OpenAI’s GPT3 was released. However, GPT3 was not just a model; it brought forth a lot of changes in the research directions of NLP.

Closed Source

GPT3 was released as a closed-source, API only model, that users have to pay. This was the moment where OpenAI stopped being open.

Pretraining with Code data

GPT3 pretraining data include code from github. Training on code data allowed the model to obtain some level of abstractive reasoning abilities.

  • This led to the launch of Co-Pilot too.

Rise of LLM & In-Context Learning

The term Large Language Models (LLMs) started to catch fire, since GPT3 was truly large, with whopping 175B parameters. With such huge scale came an unexpected ability of these models, which was called few-shot exemplar learning, which later was generalized to a term called In-Context Learning.

famous LLMs are:

  • OPT (facebook, 175B)
  • PALM (GOogle, 540B)
  • GPT-NeoX / GPT-J (EleutherAI)
  • Bloom (Bigscience)

Prompt Engineering

Since GPT3 was only accessible through an API that takes textual input, what text prompt that goes into the model was important to obtain better output.
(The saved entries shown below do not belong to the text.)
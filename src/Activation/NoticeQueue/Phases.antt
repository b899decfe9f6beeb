-- ===== src/Activation/NoticeQueue/Phases.antt =====
-- When a job of src/activation/noticeQueue.ts may do something.
use email_to_telegram.Base.{
  ℕ, ◌+◌, ◌≤◌, ◌<◌, Bool, true, false, ◌||◌, Option, none, some, ◌≡◌, ap, sym, if-split, arith, leb,
}
use email_to_telegram.Activation.NoticeQueue.{
  NoticeBounds, ActivationNoticeRequest, ActivationNoticeJob, ActivationNoticeQueue, admit,
  job_context, begin_phase, starts,
}

admit-admitted_at :
    (b : NoticeBounds) (q : ActivationNoticeQueue) (request : ActivationNoticeRequest)
    (job : ActivationNoticeJob) (now : ℕ)
    → (admit b q request now).1 ≡ some job
    → job.admitted_at ≡ now
unfolding admit
admit-admitted_at b q request job now =
    if-split
      (λ (r : ActivationNoticeQueue × Option ActivationNoticeJob).
        r.1 ≡ some job → job.admitted_at ≡ now)
      (q.closed || leb b.max_admitted_jobs q.admitted_jobs) (λ refused h. cc)
      (λ room h.
        sym (
          ap (λ (o : Option ActivationNoticeJob). elim o [ none ↦ now | some j ↦ j.admitted_at ])
            h))

-- A phase of a job begins before its age at the start and its deadline have passed: an admitted
-- job, whose context was made no later than its start was decided, begins no phase at
-- `max_job_age_at_start_ms + job_deadline_ms` after its admission or later, nor after a shutdown.
pub begin_phase-within :
    (b : NoticeBounds) (q q' : ActivationNoticeQueue) (request : ActivationNoticeRequest)
    (job : ActivationNoticeJob) (admitted created decided now : ℕ) (aborted : Bool)
    → (admit b q request admitted).1 ≡ some job
    → created ≤ decided
    → starts b q' job decided ≡ true
    → begin_phase (job_context b created) aborted now ≡ none
    → (now < admitted + b.max_job_age_at_start_ms + b.job_deadline_ms) × (aborted ≡ false)
unfolding admit begin_phase
begin_phase-within b q q' request job admitted created decided now aborted taken order started
      begun =
    let at = admit-admitted_at b q request job admitted taken in
    (ground (arith, at, order, started, begun), ground (arith, begun))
This led to a subfield named prompt engineering, where various algorithms were proposed to find a textual prompt that would allow users to use GPT3 (or sometimes other models) better.

  • This later inspired the rise of Prompt Tuning

T5

All tasks represented in text and solved with single transformer encoder-decoder architecture.
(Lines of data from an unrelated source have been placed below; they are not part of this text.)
-- ===== src/Activation/NoticeQueue/Unsettled.antt =====
-- The queue of src/activation/noticeQueue.ts against the jobs that have not settled.
use email_to_telegram.Base.{
  ℕ, suc, ◌+◌, ◌≤◌, Bool, true, not, ◌||◌, Option, none, some, or_else, is_truthy, leb, List, [],
  ◌∷◌, ◌++◌, ◌≡◌, refl, arith, length, length-append, all, is_some, if-split,
}
use email_to_telegram.Activation.NoticeQueue.{
  NoticeBounds, ActivationNoticeRequest, ActivationNoticeJob, ActivationNoticeQueue, new_queue,
  mime_of, mime_bytes, admit, settle, shutdown,
}

abbrev pub with_job :
    Option ActivationNoticeJob → List ActivationNoticeJob → List ActivationNoticeJob
with_job none jobs = jobs
with_job (some job) jobs = job ∷ jobs

-- The queues that are reached, with the jobs that are admitted and not settled, in any order.
pub data Reaches (b : NoticeBounds)
    : ActivationNoticeQueue → List ActivationNoticeJob → Type 0 where
  fresh : Reaches b new_queue []
  admitted :
      {q : ActivationNoticeQueue} {jobs : List ActivationNoticeJob}
      (request : ActivationNoticeRequest) (now : ℕ)
      → Reaches b q jobs
      → Reaches b (admit b q request now).0 (with_job (admit b q request now).1 jobs)
  settled :
      {q : ActivationNoticeQueue} (before : List ActivationNoticeJob) (job : ActivationNoticeJob)
      (after : List ActivationNoticeJob)
      → Reaches b q (before ++ job ∷ after)
      → Reaches b (settle job q) (before ++ after)
  stopped :
      {q : ActivationNoticeQueue} {jobs : List ActivationNoticeJob}
      → Reaches b q jobs
      → Reaches b (shutdown q) jobs

-- The raw MIME that the jobs hold.
abbrev pub total_mime : List ActivationNoticeJob → ℕ
total_mime [] = 0
total_mime (job ∷ jobs) = mime_bytes job + total_mime jobs

total_mime-append :
    (xs ys : List ActivationNoticeJob) → total_mime (xs ++ ys) ≡ total_mime xs + total_mime ys
total_mime-append [] ys = omega arith
total_mime-append (x ∷ xs) ys = omega (arith, total_mime-append xs ys)

-- A job holds MIME only for a From domain.
abbrev pub is_warranted : ActivationNoticeJob → Bool
is_warranted job = not (is_some job.mime) || is_truthy job.header_from_domain

-- The counters are those of the jobs, and within the bounds.
pub record IsBounded (b : NoticeBounds) (q : ActivationNoticeQueue)
    (jobs : List ActivationNoticeJob) : Type 0 where
  pub jobs_lem : q.admitted_jobs ≡ length jobs
  pub mime_lem : q.held_mime ≡ total_mime jobs
  pub jobs-le : length jobs ≤ b.max_admitted_jobs
  pub mime-le : total_mime jobs ≤ b.max_held_mime_bytes
  pub warranted : all is_warranted jobs ≡ true

fits :
    (b : NoticeBounds) (held : ℕ) (request : ActivationNoticeRequest)
    → held ≤ b.max_held_mime_bytes
    → held + or_else (mime_of b held request) 0 ≤ b.max_held_mime_bytes
fits b held request le = ground (arith, le)

admit-IsBounded :
    {b : NoticeBounds} {q : ActivationNoticeQueue} {jobs : List ActivationNoticeJob}
    (request : ActivationNoticeRequest) (now : ℕ)
    → IsBounded b q jobs
    → IsBounded b (admit b q request now).0 (with_job (admit b q request now).1 jobs)
unfolding admit
admit-IsBounded {b} {q} {jobs} request now w =
    if-split
      (λ (r : ActivationNoticeQueue × Option ActivationNoticeJob).
        IsBounded b r.0 (with_job r.1 jobs))
      (q.closed || leb b.max_admitted_jobs q.admitted_jobs) (λ refused. w)
      (λ room. record {
        jobs_lem = omega (arith, w.jobs_lem);
        mime_lem = omega (arith, w.mime_lem);
        jobs-le = ground (arith, room, w.jobs_lem);
        mime-le =
            omega (
              arith,
              w.mime_lem,
              fits b q.held_mime request (omega (arith, w.mime_lem, w.mime-le)),
            );
        warranted = ground (arith, w.warranted);
      })

all-split {ℓ} :
    {A : Type ℓ} (p : A → Bool) (xs : List A) (y : A) (ys : List A)
    → all p (xs ++ y ∷ ys) ≡ true
    → all p (xs ++ ys) ≡ true
all-split p [] y ys h = ground (arith, h)
all-split p (x ∷ xs) y ys h = ground (arith, all-split p xs y ys, h)

settle-IsBounded :
    {b : NoticeBounds} {q : ActivationNoticeQueue} (before : List ActivationNoticeJob)
    (job : ActivationNoticeJob) (after : List ActivationNoticeJob)
    → IsBounded b q (before ++ job ∷ after)
    → IsBounded b (settle job q) (before ++ after)
unfolding settle
settle-IsBounded before job after w =
    let fewer : length (before ++ job ∷ after) ≡ suc (length (before ++ after)) =
      omega (arith, length-append before (job ∷ after), length-append before after) in
    let less : total_mime (before ++ job ∷ after) ≡ mime_bytes job + total_mime (before ++ after) =
      omega (arith, total_mime-append before (job ∷ after), total_mime-append before after) in
    record {
      jobs_lem = omega (arith, w.jobs_lem, fewer);
      mime_lem = omega (arith, w.mime_lem, less);
      jobs-le = omega (arith, w.jobs-le, fewer);
      mime-le = omega (arith, w.mime-le, less);
      warranted = all-split is_warranted before job after w.warranted;
    }

-- Whatever is admitted, settles in whatever order and is shut down: the queue's counters are those
-- of the jobs that have not settled, there are at most `max_admitted_jobs` of them, they hold at most
-- `max_held_mime_bytes`, and one that holds MIME has a From domain to authenticate.
pub reached-IsBounded :
    {b : NoticeBounds} {q : ActivationNoticeQueue} {jobs : List ActivationNoticeJob}
    → Reaches b q jobs
    → IsBounded b q jobs
unfolding shutdown
reached-IsBounded Reaches.fresh = record {
  jobs_lem = refl;
  mime_lem = refl;
  jobs-le = omega arith;
  mime-le = omega arith;
  warranted = refl;
}
reached-IsBounded (Reaches.admitted request now r) =
    admit-IsBounded request now (reached-IsBounded r)
reached-IsBounded (Reaches.settled before job after r) =
    settle-IsBounded before job after (reached-IsBounded r)
reached-IsBounded (Reaches.stopped r) =
    let w = reached-IsBounded r in
    record {
      jobs_lem = w.jobs_lem;
      mime_lem = w.mime_lem;
      jobs-le = w.jobs-le;
      mime-le = w.mime-le;
      warranted = w.warranted;
    }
  • I think this laid the foundation for instruction tuning later.
  • There is a similar model called T0 from Bigscience, which is pretrained to allow zero-shot inference on many NLP tasks using the same architecture as T5.

2021

Parameter Efficient Fine-Tuning (PEFT)

With the SOTA models being extra large, it was increasingly difficult to train these models on reasonable amount of GPUs. Also, tuning the entire model often resulted in problems like catastrophic forgetting. Researchers started to come up with ideas later organized as Parameter Efficient Fine-Tuning (PEFT), which freezes the entire model weights except for a few parts (or introduce some small extra weights) and only tune that part on the task-oriented data.

Most of the time, PEFT under-performed full finetuning. However, Prompt Tuning showed above SOTA performance in many benchmarks, and took the community by a storm.
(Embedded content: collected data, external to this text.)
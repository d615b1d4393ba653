-- ===== src/Abi/Layout/Inside.antt =====
-- internal/abi/layout.go: a part of a type keeps its alignment at every address that the whole is
-- aligned to, and the arms of a variant are no larger than the room for the payload.
use component_model.Prelude.{
  ℕ, zero, suc, ◌+◌, ◌%◌, ◌≤◌, ◌≡◌, refl, List, [], ◌∷◌, Option, none, some, inl, inr, arith,
  Option-cases, ok, ok-bind, ok-injective, get_elem?,
}
use mathlib.Core.Path.{subst}
use component_model.Descriptor.{TypeRef, RecordField, VariantCase}
use component_model.Abi.Layout.{checked_align, Resolver, resolve_type}
use component_model.Abi.Layout.Align.{
  Measure, larger, measure_ref, alignment_optional, alignment_record, alignment_tuple,
  max_case_alignment,
}
use component_model.Abi.Layout.Size.{max_case_size, widen}
use component_model.Abi.Layout.Bounds.{IsAlign}

pub IsAlign-divides : (p a b : ℕ) → IsAlign a → IsAlign b → a ≤ b → p % b ≡ 0 → p % a ≡ 0
IsAlign-divides p a b ha hb small multiple = ground arith

-- At an aligned address padding adds what it adds at the start.
pub checked_align-shift :
    (p offset a : ℕ) {r q : ℕ}
    → IsAlign a
    → p % a ≡ 0
    → checked_align offset a ≡ ok r
    → checked_align (p + offset) a ≡ ok q
    → (q ≡ p + r) × (offset ≤ r) × (r % a ≡ 0) × (q % a ≡ 0)
unfolding checked_align
checked_align-shift p offset a ha multiple e1 e2 = ground arith

pub checked_align-above :
    (offset a : ℕ) {r : ℕ} → IsAlign a → checked_align offset a ≡ ok r → offset ≤ r
unfolding checked_align
checked_align-above offset a ha e = ground arith

module _ (resolve : Resolver) (below : Measure) where
  pub alignment_optional-least :
      (ref : Option TypeRef) (m a : ℕ) → alignment_optional resolve below ref m ≡ ok a → m ≤ a
  unfolding alignment_optional
  alignment_optional-least none m a e = omega (arith, ok-injective e)
  alignment_optional-least (some ref) m a e =
      ok-bind (measure_ref resolve below ref) _ e λ x found rest. ground arith

  pub alignment_record-least :
      (fields : List RecordField) (m a : ℕ) → alignment_record resolve below fields m ≡ ok a → m ≤ a
  unfolding alignment_record
  alignment_record-least [] m a e = omega (arith, ok-injective e)
  alignment_record-least (f ∷ fields) m a e =
      ok-bind (measure_ref resolve below f.type) _ e
        λ x found rest. ground (arith, alignment_record-least fields (larger m x) a rest)

  pub alignment_tuple-least :
      (elements : List TypeRef) (m a : ℕ) → alignment_tuple resolve below elements m ≡ ok a → m ≤ a
  unfolding alignment_tuple
  alignment_tuple-least [] m a e = omega (arith, ok-injective e)
  alignment_tuple-least (x ∷ elements) m a e =
      ok-bind (measure_ref resolve below x) _ e
        λ y found rest. ground (arith, alignment_tuple-least elements (larger m y) a rest)

  max_case_alignment-least :
      (cases : List VariantCase) (m a : ℕ) → max_case_alignment resolve below cases m ≡ ok a → m ≤ a
  unfolding max_case_alignment
  max_case_alignment-least [] m a e = omega (arith, ok-injective e)
  max_case_alignment-least (c ∷ cases) m a e =
      ok-bind (alignment_optional resolve below c.type m) _ e λ x found rest.
        omega (
          arith,
          alignment_optional-least c.type m x found,
          max_case_alignment-least cases x a rest,
        )

  -- The alignment of a payload is counted in.
  pub alignment_optional-counts :
      (ref : TypeRef) (m a : ℕ)
      → alignment_optional resolve below (some ref) m ≡ ok a
      → (x : ℕ) × (measure_ref resolve below ref ≡ ok x) × (x ≤ a)
  unfolding alignment_optional
  alignment_optional-counts ref m a e =
      ok-bind (measure_ref resolve below ref) _ e λ x found rest. (x, found, ground arith)

  pub case-alignment :
      (cases : List VariantCase) (m a idx : ℕ) (c : VariantCase) (ref : TypeRef)
      → max_case_alignment resolve below cases m ≡ ok a
      → get_elem? cases idx ≡ some c
      → c.type ≡ some ref
      → (x : ℕ) × (measure_ref resolve below ref ≡ ok x) × (x ≤ a)
  unfolding max_case_alignment
  case-alignment [] m a idx c ref e at present = cc
  case-alignment (d ∷ cases) m a zero c ref e at present =
      ok-bind (alignment_optional resolve below d.type m) _ e λ y found rest.
        let here : d.type ≡ some ref = cc in
        let (x, measured, small) = alignment_optional-counts ref m y (rw here at found) in
        (x, measured, omega (arith, max_case_alignment-least cases y a rest))
  case-alignment (d ∷ cases) m a (suc idx) c ref e at present =
      ok-bind (alignment_optional resolve below d.type m) _ e
        λ y found rest. case-alignment cases y a idx c ref rest at present

module _ (resolve : Resolver) (below_align below_size : Measure) where
  max_case_size-least :
      (cases : List VariantCase) (m s : ℕ)
      → max_case_size resolve below_align below_size cases m ≡ ok s
      → m ≤ s
  unfolding max_case_size
  max_case_size-least [] m s e = omega (arith, ok-injective e)
  max_case_size-least (c ∷ cases) m s e = elim (Option-cases c.type) [
    | inl absent ↦ max_case_size-least cases m s (rw (max_case_size, absent) at e)
    | inr (ref, present) ↦
        ok-bind (measure_ref resolve below_size ref) _ (rw (max_case_size, present) at e)
          λ x found rest. ground (arith, max_case_size-least cases (larger m x) s rest)
  ]

  pub case-size :
      (cases : List VariantCase) (m s idx : ℕ) (c : VariantCase) (ref : TypeRef)
      → max_case_size resolve below_align below_size cases m ≡ ok s
      → get_elem? cases idx ≡ some c
      → c.type ≡ some ref
      → (x : ℕ) × (measure_ref resolve below_size ref ≡ ok x) × (x ≤ s)
  unfolding max_case_size
  case-size [] m s idx c ref e at present = cc
  case-size (d ∷ cases) m s zero c ref e at present =
      let here : d.type ≡ some ref = cc in
      ok-bind (measure_ref resolve below_size ref) _ (rw (max_case_size, here) at e)
        λ x found rest. (x, found, ground (arith, max_case_size-least cases (larger m x) s rest))
  case-size (d ∷ cases) m s (suc idx) c ref e at present = elim (Option-cases d.type) [
    | inl absent ↦ case-size cases m s idx c ref (rw (max_case_size, absent) at e) at present
    | inr (other, there) ↦
        ok-bind (measure_ref resolve below_size other) _ (rw (max_case_size, there) at e)
          λ x found rest. case-size cases (larger m x) s idx c ref rest at present
  ]

  pub widen-least :
      (ref : Option TypeRef) (m n : ℕ) (widest : ℕ × ℕ)
      → widen resolve below_align below_size ref (m, n) ≡ ok widest
      → (m ≤ widest.0) × (n ≤ widest.1)
  unfolding widen
  widen-least none m n widest e =
      subst (λ (w : ℕ × ℕ). (m ≤ w.0) × (n ≤ w.1)) (ok-injective e) (omega arith, omega arith)
  widen-least (some ref) m n widest e = ok-bind (resolve_type resolve (some ref)) _ e λ t found e1.
      ok-bind (below_size t) _ e1 λ s sized e2. ok-bind (below_align t) _ e2 λ a aligned e3.
        subst (λ (w : ℕ × ℕ). (m ≤ w.0) × (n ≤ w.1)) (ok-injective e3) (ground arith, ground arith)

  pub widen-counts :
      (ref : TypeRef) (m n : ℕ) (widest : ℕ × ℕ)
      → widen resolve below_align below_size (some ref) (m, n) ≡ ok widest
      → (s : ℕ) × (a : ℕ) × (measure_ref resolve below_size ref ≡ ok s)
        × (s ≤ widest.0)
        × (measure_ref resolve below_align ref ≡ ok a)
        × (a ≤ widest.1)
  unfolding widen measure_ref
  widen-counts ref m n widest e = ok-bind (resolve_type resolve (some ref)) _ e λ t found e1.
      ok-bind (below_size t) _ e1 λ s sized e2. ok-bind (below_align t) _ e2 λ a aligned e3.
        subst
          (λ (w : ℕ × ℕ).
            (x : ℕ) × (y : ℕ) × (measure_ref resolve below_size ref ≡ ok x)
            × (x ≤ w.0)
            × (measure_ref resolve below_align ref ≡ ok y)
            × (y ≤ w.1))
          (ok-injective e3)
          (s, a, rw (found, sized) refl, ground arith, rw (found, aligned) refl, ground arith)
Prompt Tuning, or Soft Prompt Tuning, is a method of tuning a set of continuous vectors in the embedding / latent space of the model, that are prepended to the text embedding matrix. This way, the model itself is entirely frozen, and only a small set of vectors prepended to the input are trained using the gradient that flows through the model. This method achieved SOTA in many NLU tasks, taking the NLP trend of 2021.

Chain of Thought Prompting

This prompting guided the model to “think step by step”: this allowed the model to reason sequential steps to solving a problem, resulting in a more coherent reasoning of hard problems.

2022: Instruction Tuning

Instruction tuning is sometimes called an alignment task: aligning language models with human usage of them. Most of the time, users “asks” or “instructs” the language models to generate some text; therefore, training these models to follow textual instruction can greatly increase their usability.

Similar to the idea of T5, all different NLP tasks are represented as text, prepended with a natural language instruction of how to solve the task. This way, the LMs can model the dependency between the instruction, problem, and the answer, and since all of them are text, they become stronger at generalization and obtain strong zero-shot abilities.

Notable models are:

  • OPT-IML (Facebook)
  • FLAN, Flan-T5 (Google)
  • InstructGPT (GPT 3.5 family), ChatGPT (OpenAI)
  • T0 (Bigscience, kind of)

ChatGPT

ChatGPT deserves its own section, because it was THE AI Phenomenon of 2000s.

On top of InstructGPT, it was trained using Reinforcement Learning from Human Feedbacks (RLHF); basically, they hired a lot of human annotators (allegedly 1000) to “talk” with the current state of the model and give feedback in the form of score & suggested answer. This way, ChatGPT could really generate truly human-level text. Also, thanks to 175B parameter scale, it stored tremendous amount of world knowledge, and can nearly be used as a search engine.

However, it is still limited in that it “hallucinates”: it generates very plausible text that is entirely false.